In October 2009 I set up a dual-boot system with Ubuntu 9.10 (and whatever Windows OS we were running at the time.) The Ubuntu side was configured with several encrypted LVM partitions on sda5: /home, /etc, /var, etc. This is a long-obsolete OS running obsolete apps that has never given me any trouble for the purposes that I’ve used it.

Yesterday, during a warm restart, I saw GRUB, chose Ubuntu, was prompted for my passphrase, which was evidently accepted, and then ... a general mount error on /dev/mapper/crypt-home. I used a recovery shell to take a look at the (obviously decrypted) syslog, which had no special complaints before the problem emerged; then no new lines. /var and /etc files all looked unremarkable to my untrained eye.

Hardware diagnostics on a cold boot came up clean.

I’ve got incremental and full backups that are not too old and I could restore to another device (using current software that might or might not recognize my old configuration files,) but I’d really like to find out if my existing home partition is salvageable.
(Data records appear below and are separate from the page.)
-- ===== src/PacketList/Spec.antt =====
-- What a list in memory stands for: its nodes in order, with their packets and sizes.
use gproxy.Common.{◌+◌, ℕ, ◌≡◌, ◌≢◌, Bool, true, false, ◌||◌, some, List, [], ◌∷◌, length, ◌==◌}
use gproxy.Common.Int.{ℤ, pos}
use gproxy.PacketList.Heap.{Ptr, null, Pkt, Memory}

pub record Cell : Type 0 where
  pub at : Ptr
  pub packet : Pkt
  pub size : ℤ

abbrev pub Cells : Type 0
Cells = List Cell

abbrev pub has : Ptr → Cells → Bool
has p [] = false
has p (c ∷ cs) = (p == c.at) || has p cs

abbrev pub Distinct : Cells → Type 0
Distinct [] = Unit {0}
Distinct (c ∷ cs) = (has c.at cs ≡ false) × Distinct cs

-- From `a` the successors lead through the cells to `b`, and the predecessors lead back.
pub data Links (nx pv : Ptr → Ptr) (b : Ptr) : Ptr → Cells → Type 0 where
  nil : {a : Ptr} → nx a ≡ b → pv b ≡ a → Links nx pv b a []
  cons :
      {a : Ptr} {c : Cell} {cs : Cells}
      → nx a ≡ c.at
      → pv c.at ≡ a
      → Links nx pv b c.at cs
      → Links nx pv b a (c ∷ cs)

-- A live node that holds what the cell says.
pub record Node (h : Memory) (c : Cell) : Type 0 where
  pub live : h.live c.at ≡ true
  pub ne_null : c.at ≢ null
  pub packet : h.packet c.at ≡ some c.packet
  pub size : h.pkt_size c.at ≡ c.size

abbrev pub Owned : Memory → Ptr → Cells → Type 0
Owned h hd [] = Unit {0}
Owned h hd (c ∷ cs) = Node h c × (h.head c.at ≡ hd) × Owned h hd cs

pub record IsList (h : Memory) (hd : Ptr) (cs : Cells) : Type 0 where
  pub head_live : h.live hd ≡ true
  pub head_ne_null : hd ≢ null
  pub head_out : has hd cs ≡ false
  pub distinct : Distinct cs
  pub links : Links h.next h.prev hd hd cs
  pub owned : Owned h hd cs
  pub counted : h.length hd ≡ pos (length cs)

-- `g` and `h` agree on the object at `p`.
pub record Same (h g : Memory) (p : Ptr) : Type 0 where
  pub live : g.live p ≡ h.live p
  pub next : g.next p ≡ h.next p
  pub prev : g.prev p ≡ h.prev p
  pub head : g.head p ≡ h.head p
  pub length : g.length p ≡ h.length p
  pub pkt_size : g.pkt_size p ≡ h.pkt_size p
  pub packet : g.packet p ≡ h.packet p

-- The addresses of a list: its head and its nodes.
abbrev pub within : Ptr → Cells → Ptr → Bool
within hd cs p = (p == hd) || has p cs

abbrev pub Frame : (Ptr → Bool) → Memory → Memory → Type 0
Frame inside h g = (p : Ptr) → inside p ≡ false → Same h g p

-- the ids that the list holds, in order
abbrev pub ids : Cells → List ℕ
ids [] = []
ids (c ∷ cs) = c.packet.id ∷ ids cs

-- the allocator stands where it stood
abbrev pub SameRoom : Memory → Memory → Type 0
SameRoom h g = (g.fresh ≡ h.fresh) × (g.limit ≡ h.limit)

-- one object was allocated
abbrev pub Grown : Memory → Memory → Type 0
Grown h g = (g.fresh ≡ h.fresh + 1) × (g.limit ≡ h.limit)

-- The operations on the links leave the rest of memory as it is.
pub record Relinked (h g : Memory) : Type 0 where
  pub live : g.live ≡ h.live
  pub packet : g.packet ≡ h.packet
  pub pkt_size : g.pkt_size ≡ h.pkt_size
  pub fresh : g.fresh ≡ h.fresh
  pub limit : g.limit ≡ h.limit
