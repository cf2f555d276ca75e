-- ===== src/PacketList/Links.antt =====
-- Chains of links: cut, joined, extended, and what updates elsewhere leave alone.
use gproxy.Common.{◌≡◌, refl, true, false, ◌||◌, [], ◌∷◌, ◌++◌, arith, ◌==◌}
use gproxy.PacketList.Heap.{Ptr, update}
use gproxy.PacketList.Spec.{Cell, Cells, has, Distinct, Links, nil, cons}

pub has-append : (p : Ptr) (xs ys : Cells) → has p (xs ++ ys) ≡ (has p xs || has p ys)
has-append p [] ys = refl
has-append p (x ∷ xs) ys = ground (arith, has-append p xs ys)

module _ {nx pv : Ptr → Ptr} {b : Ptr} where
  pub Links-cut :
      {a : Ptr} (xs : Cells) (c : Cell) (ys : Cells)
      → Links nx pv b a (xs ++ c ∷ ys)
      → Links nx pv c.at a xs × Links nx pv b c.at ys
  Links-cut [] c ys (cons f g l) = (nil f g, l)
  Links-cut (x ∷ xs) c ys (cons f g l) =
      let (front, back) = Links-cut xs c ys l in (cons f g front, back)

  pub Links-join :
      (c : Cell) {q a : Ptr} {xs ys : Cells}
      → q ≡ c.at
      → Links nx pv q a xs
      → Links nx pv b c.at ys
      → Links nx pv b a (xs ++ c ∷ ys)
  Links-join c e (nil f g) m = cons (ground arith) (ground arith) m
  Links-join c e (cons f g l) m = cons f g (Links-join c e l m)

  -- The predecessor of the end is the last node, or the start.
  pub last-has : {a : Ptr} {xs : Cells} → Links nx pv b a xs → ((pv b == a) || has (pv b) xs) ≡ true
  last-has (nil f g) = ground arith
  last-has (cons f g l) = ground (arith, last-has l)

  -- The successor of the start is the first node, or the end.
  pub first-has :
      {a : Ptr} {xs : Cells} → Links nx pv b a xs → ((nx a == b) || has (nx a) xs) ≡ true
  first-has (nil f g) = ground arith
  first-has (cons f g l) = ground arith

  -- The chain reads `next` at its start and nodes, and `prev` at its nodes and end.
  pub Links-frame :
      {mx qv : Ptr → Ptr} {a : Ptr} {xs : Cells}
      → Links nx pv b a xs
      → ((p : Ptr) → ((p == a) || has p xs) ≡ true → mx p ≡ nx p)
      → ((p : Ptr) → ((p == b) || has p xs) ≡ true → qv p ≡ pv p)
      → Links mx qv b a xs
  Links-frame {a} (nil e e') f g = nil (ground (arith, f a)) (ground (arith, g b))
  Links-frame {a} (cons {c} e e' l) f g =
      cons (ground (arith, f a)) (ground (arith, g c.at))
        (Links-frame l (λ p i. f p (ground arith)) (λ p i. g p (ground arith)))

-- The link from `a` over the node `c` to the chain behind it becomes a link from `a`.
module _ {nx pv : Ptr → Ptr} {b : Ptr} where
  Links-skip :
      {a q : Ptr} {ys : Cells}
      → pv q ≡ a
      → Links nx pv b q ys
      → has a ys ≡ false
      → has b ys ≡ false
      → Distinct ys
      → Links (update nx a (nx q)) (update pv (nx q) a) b a ys
  Links-skip e (nil f g) out end d = nil (ground arith) (ground arith)
  Links-skip e (cons f g l) out end d =
      cons (ground arith) (ground arith) (Links-frame l (λ p i. ground arith) (λ p i. ground arith))

  pub Links-bridge :
      {q a : Ptr} {xs ys : Cells}
      → Links nx pv q a xs
      → Links nx pv b q ys
      → has a (xs ++ ys) ≡ false
      → has b (xs ++ ys) ≡ false
      → Distinct (xs ++ ys)
      → Links (update nx (pv q) (nx q)) (update pv (nx q) (pv q)) b a (xs ++ ys)
  Links-bridge (nil f g) m out end d = rw g (Links-skip g m out end d)
  Links-bridge {a} {ys} (cons {c} {cs = xs} f g l) m out end d =
      cons (ground (arith, last-has l, has-append a xs ys))
        (ground (arith, first-has m, has-append c.at xs ys))
        (Links-bridge l m d.0 (ground arith) d.1)

-- A new node before `q`.
module _ {nx pv : Ptr → Ptr} (n : Cell) where
  pub Links-extend :
      {q a : Ptr} {xs : Cells}
      → Links nx pv q a xs
      → has a (n ∷ xs) ≡ false
      → has q (n ∷ xs) ≡ false
      → Distinct (n ∷ xs)
      → Links
          (update (update nx n.at q) (pv q) n.at)
          (update (update pv n.at (pv q)) q n.at)
          q
          a
          (xs ++ n ∷ [])
  Links-extend (nil f g) out end d =
      cons (ground arith) (ground arith) (nil (ground arith) (ground arith))
  Links-extend {a} (cons {c} f g l) out end d =
      cons (ground (arith, last-has l)) (ground arith)
        (Links-extend l (ground arith) (ground arith) (ground arith))
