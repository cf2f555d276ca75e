-- ===== src/PacketList/Owned.antt =====
-- Nodes of a list: they are live, and stay what they are where the memory is left alone.
use gproxy.Common.{◌≡◌, refl, ap, ◌∙◌, ◌≢◌, true, false, [], ◌∷◌, ◌++◌, arith}
use gproxy.PacketList.Heap.{Ptr, null, Memory}
use gproxy.PacketList.Spec.{Cell, Cells, has, Distinct, Node, Owned, IsList, Same, within, Relinked}
use gproxy.PacketList.Links.{has-append, last-has, Links-frame}

pub Owned-live :
    (h : Memory) (hd p : Ptr) (cs : Cells)
    → Owned h hd cs
    → has p cs ≡ true
    → (h.live p ≡ true) × (p ≢ null)
Owned-live h hd p [] o i = cc
Owned-live h hd p (c ∷ cs) o i = ground (arith, Owned-live h hd p cs)

pub Owned-append :
    (h : Memory) (hd : Ptr) (xs ys : Cells) → Owned h hd (xs ++ ys) → Owned h hd xs × Owned h hd ys
Owned-append h hd [] ys o = (tt, o)
Owned-append h hd (x ∷ xs) ys o =
    let (front, back) = Owned-append h hd xs ys o.2 in ((o.0, o.1, front), back)

pub Owned-join :
    (h : Memory) (hd : Ptr) (xs ys : Cells) → Owned h hd xs → Owned h hd ys → Owned h hd (xs ++ ys)
Owned-join h hd [] ys o o' = o'
Owned-join h hd (x ∷ xs) ys o o' = (o.0, o.1, Owned-join h hd xs ys o.2 o')

pub Node-frame : {h g : Memory} {c : Cell} → Node h c → Same h g c.at → Node g c
Node-frame n s = ground arith

pub Owned-frame :
    (h g : Memory) (hd : Ptr) (cs : Cells)
    → ((p : Ptr) → has p cs ≡ true → Same h g p)
    → Owned h hd cs
    → Owned g hd cs
Owned-frame h g hd [] same o = tt
Owned-frame h g hd (c ∷ cs) same o = (
  Node-frame o.0 (same c.at (ground arith)),
  ground (arith, same c.at),
  Owned-frame h g hd cs (λ p i. same p (ground arith)) o.2,
)

pub prev-live :
    {h : Memory} {hd : Ptr} {cs : Cells}
    → IsList h hd cs
    → (h.live (h.prev hd) ≡ true) × (h.prev hd ≢ null)
prev-live {h} {hd} {cs} is =
    ground (arith, last-has is.links, Owned-live h hd (h.prev hd) cs is.owned)

-- A list survives any change that spares its head and nodes.
pub IsList-frame :
    {h g : Memory} {hd : Ptr} {cs : Cells}
    → IsList h hd cs
    → ((p : Ptr) → within hd cs p ≡ true → Same h g p)
    → IsList g hd cs
IsList-frame {h} {g} {hd} {cs} is same = record {
  head_live = ground (arith, same hd);
  head_ne_null = is.head_ne_null;
  head_out = is.head_out;
  distinct = is.distinct;
  links = Links-frame is.links (λ p i. ground (arith, same p)) (λ p i. ground (arith, same p));
  owned = Owned-frame h g hd cs (λ p i. same p (ground arith)) is.owned;
  counted = ground (arith, same hd);
}

pub Distinct-append : (xs ys : Cells) → Distinct (xs ++ ys) → Distinct xs × Distinct ys
Distinct-append [] ys d = (tt, d)
Distinct-append (x ∷ xs) ys d = ground (arith, has-append x.at xs ys, Distinct-append xs ys d.1)

-- A new node may be put anywhere, and any node may be left out.
pub Distinct-insert :
    (xs ys : Cells) (c : Cell)
    → Distinct (xs ++ ys)
    → has c.at (xs ++ ys) ≡ false
    → Distinct (xs ++ c ∷ ys)
Distinct-insert [] ys c d out = (out, d)
Distinct-insert (x ∷ xs) ys c d out = (
  ground (arith, has-append x.at xs ys, has-append x.at xs (c ∷ ys)),
  Distinct-insert xs ys c d.1 (ground arith),
)

pub Distinct-drop :
    (xs ys : Cells) (c : Cell)
    → Distinct (xs ++ c ∷ ys)
    → Distinct (xs ++ ys) × (has c.at (xs ++ ys) ≡ false)
Distinct-drop [] ys c d = (d.1, d.0)
Distinct-drop (x ∷ xs) ys c d =
    ground (arith, has-append x.at xs ys, has-append x.at xs (c ∷ ys), Distinct-drop xs ys c d.1)

pub Node-relink : {h g : Memory} {c : Cell} → Node h c → Relinked h g → Node g c
Node-relink {c} n r = record {
  live = ap (λ f. f c.at) r.live ∙ n.live;
  ne_null = n.ne_null;
  packet = ap (λ f. f c.at) r.packet ∙ n.packet;
  size = ap (λ f. f c.at) r.pkt_size ∙ n.size;
}

-- Only the owner fields matter to an operation on the links.
pub Owned-relink :
    (h g : Memory) (hd : Ptr) (cs : Cells)
    → Relinked h g
    → ((p : Ptr) → has p cs ≡ true → g.head p ≡ h.head p)
    → Owned h hd cs
    → Owned g hd cs
Owned-relink h g hd [] r same o = tt
Owned-relink h g hd (c ∷ cs) r same o = (
  Node-relink o.0 r,
  ground (arith, same c.at),
  Owned-relink h g hd cs r (λ p i. same p (ground arith)) o.2,
)

pub Distinct-apart :
    (xs ys : Cells) → Distinct (xs ++ ys) → (p : Ptr) → has p xs ≡ true → has p ys ≡ false
Distinct-apart [] ys d p i = cc
Distinct-apart (x ∷ xs) ys d p i = ground (arith, has-append x.at xs ys, Distinct-apart xs ys d.1 p)

pub Relinked-refl : (h : Memory) → Relinked h h
Relinked-refl h = record { live = refl; packet = refl; pkt_size = refl; fresh = refl; limit = refl }

pub Same-refl : (h : Memory) (p : Ptr) → Same h h p
Same-refl h p = record {
  live = refl;
  next = refl;
  prev = refl;
  head = refl;
  length = refl;
  pkt_size = refl;
  packet = refl;
}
Can anyone lead me through some diagnostic procedures?

1 Answer 1



I ran fschk /home (without automatic correction) just to reconfirm that all sectors were clean. Then, with no reason to believe that an attempted manual mount would produce results any different from those I had seen from /dev/mapper/crypto-home at boot, I typed “mount -t ext4 /dev/mapper/crypto-home /home” . No complaint from the system (such as “General mount error” or “waiting for dev/mapper/crypto-home” .) My home directory immediately became available. Restart confirmed that the repair held.